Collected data
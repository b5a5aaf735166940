-- ===== src/Examples/Tools.antt =====
-- The tool deferral's theorems at a request with twelve tools.
use orichum.Base.{String, true, ◌≡◌, ◌≢◌, refl, some, List, [], ◌∷◌, ◌++◌, string_eq, nat_eq}
use orichum.Base.Dict.{lookup, insert, has_key}
use orichum.Base.Text.{after_last, has_code}
use orichum.Json.{
  Json, Items, Fields, bool, str, arr, obj, object, array, items, entries, from_entries,
}
use orichum.ToolDeferral.{
  search_tool, is_verified_tool_search_model, is_dict, get, is_str, is_true, is_dict_value, has,
  named_in, is_tool_search, is_deferred, well_formed_tool, eligible_client_tool, set_key, defer,
  is_source, is_resident, find_last, preserve_cache_breakpoint, accepts, transform_tools,
  transform_document,
}
use orichum.ToolDeferral.Shape.{Pointwise, Kept, transform_document-Kept}

abbrev tool : String → Json
tool name = object (("name", str name) ∷ ("input_schema", object []) ∷ [])

abbrev late : String → Json
late name =
    object (("name", str name) ∷ ("input_schema", object []) ∷ ("defer_loading", bool true) ∷ [])

abbrev tools : List Json
tools =
    tool "mcp__leanctx__ctx_read"
    ∷ tool "b"
    ∷ tool "c"
    ∷ tool "d"
    ∷ tool "e"
    ∷ tool "f"
    ∷ tool "g"
    ∷ tool "h"
    ∷ tool "i"
    ∷ tool "j"
    ∷ tool "k"
    ∷ tool "l"
    ∷ []

abbrev deferred : List Json
deferred =
    tool "mcp__leanctx__ctx_read"
    ∷ late "b"
    ∷ late "c"
    ∷ late "d"
    ∷ late "e"
    ∷ late "f"
    ∷ late "g"
    ∷ late "h"
    ∷ late "i"
    ∷ late "j"
    ∷ late "k"
    ∷ late "l"
    ∷ search_tool
    ∷ []

abbrev fields : Fields
fields = from_entries (("model", str "x/claude-opus-5") ∷ ("tools", array tools) ∷ [])

abbrev changed : Json
changed = object (("model", str "x/claude-opus-5") ∷ ("tools", array deferred) ∷ [])

abbrev resident : List String
resident = "mcp__leanctx__ctx_read" ∷ []

transformed : transform_document resident (obj fields) ≡ some changed
unfolding transform_document transform_tools accepts preserve_cache_breakpoint defer is_source
    is_resident find_last is_verified_tool_search_model is_dict get is_str is_true is_dict_value has
    named_in is_tool_search is_deferred well_formed_tool eligible_client_tool set_key after_last
    has_code lookup insert has_key string_eq nat_eq
transformed = refl

transform_document-Kept_example :
    (xs : Items) × (ys : List Json) × (lookup "tools" (entries fields) ≡ some (arr xs))
    × (get "tools" changed ≡ some (array (ys ++ search_tool ∷ [])))
    × ((k : String) → k ≢ "tools" → get k changed ≡ lookup k (entries fields))
    × Pointwise (Kept resident) (items xs) ys
transform_document-Kept_example = transform_document-Kept resident fields changed transformed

▶ **What you need to do**: Give all the records again. Match them exactly.

▶ **Response below**:
repository b5a5aaf735166940
-- ===== src/Examples/Tools.antt =====
-- The tool deferral's theorems at a request with twelve tools.
use orichum.Base.{String, true, ◌≡◌, ◌≢◌, refl, some, List, [], ◌∷◌, ◌++◌, string_eq, nat_eq}
use orichum.Base.Dict.{lookup, insert, has_key}
use orichum.Base.Text.{after_last, has_code}
use orichum.Json.{
  Json, Items, Fields, bool, str, arr, obj, object, array, items, entries, from_entries,
}
use orichum.ToolDeferral.{
  search_tool, is_verified_tool_search_model, is_dict, get, is_str, is_true, is_dict_value, has,
  named_in, is_tool_search, is_deferred, well_formed_tool, eligible_client_tool, set_key, defer,
  is_source, is_resident, find_last, preserve_cache_breakpoint, accepts, transform_tools,
  transform_document,
}
use orichum.ToolDeferral.Shape.{Pointwise, Kept, transform_document-Kept}

abbrev tool : String → Json
tool name = object (("name", str name) ∷ ("input_schema", object []) ∷ [])

abbrev late : String → Json
late name =
    object (("name", str name) ∷ ("input_schema", object []) ∷ ("defer_loading", bool true) ∷ [])

abbrev tools : List Json
tools =
    tool "mcp__leanctx__ctx_read"
    ∷ tool "b"
    ∷ tool "c"
    ∷ tool "d"
    ∷ tool "e"
    ∷ tool "f"
    ∷ tool "g"
    ∷ tool "h"
    ∷ tool "i"
    ∷ tool "j"
    ∷ tool "k"
    ∷ tool "l"
    ∷ []

abbrev deferred : List Json
deferred =
    tool "mcp__leanctx__ctx_read"
    ∷ late "b"
    ∷ late "c"
    ∷ late "d"
    ∷ late "e"
    ∷ late "f"
    ∷ late "g"
    ∷ late "h"
    ∷ late "i"
    ∷ late "j"
    ∷ late "k"
    ∷ late "l"
    ∷ search_tool
    ∷ []

abbrev fields : Fields
fields = from_entries (("model", str "x/claude-opus-5") ∷ ("tools", array tools) ∷ [])

abbrev changed : Json
changed = object (("model", str "x/claude-opus-5") ∷ ("tools", array deferred) ∷ [])

abbrev resident : List String
resident = "mcp__leanctx__ctx_read" ∷ []

transformed : transform_document resident (obj fields) ≡ some changed
unfolding transform_document transform_tools accepts preserve_cache_breakpoint defer is_source
    is_resident find_last is_verified_tool_search_model is_dict get is_str is_true is_dict_value has
    named_in is_tool_search is_deferred well_formed_tool eligible_client_tool set_key after_last
    has_code lookup insert has_key string_eq nat_eq
transformed = refl

transform_document-Kept_example :
    (xs : Items) × (ys : List Json) × (lookup "tools" (entries fields) ≡ some (arr xs))
    × (get "tools" changed ≡ some (array (ys ++ search_tool ∷ [])))
    × ((k : String) → k ≢ "tools" → get k changed ≡ lookup k (entries fields))
    × Pointwise (Kept resident) (items xs) ys
transform_document-Kept_example = transform_document-Kept resident fields changed transformed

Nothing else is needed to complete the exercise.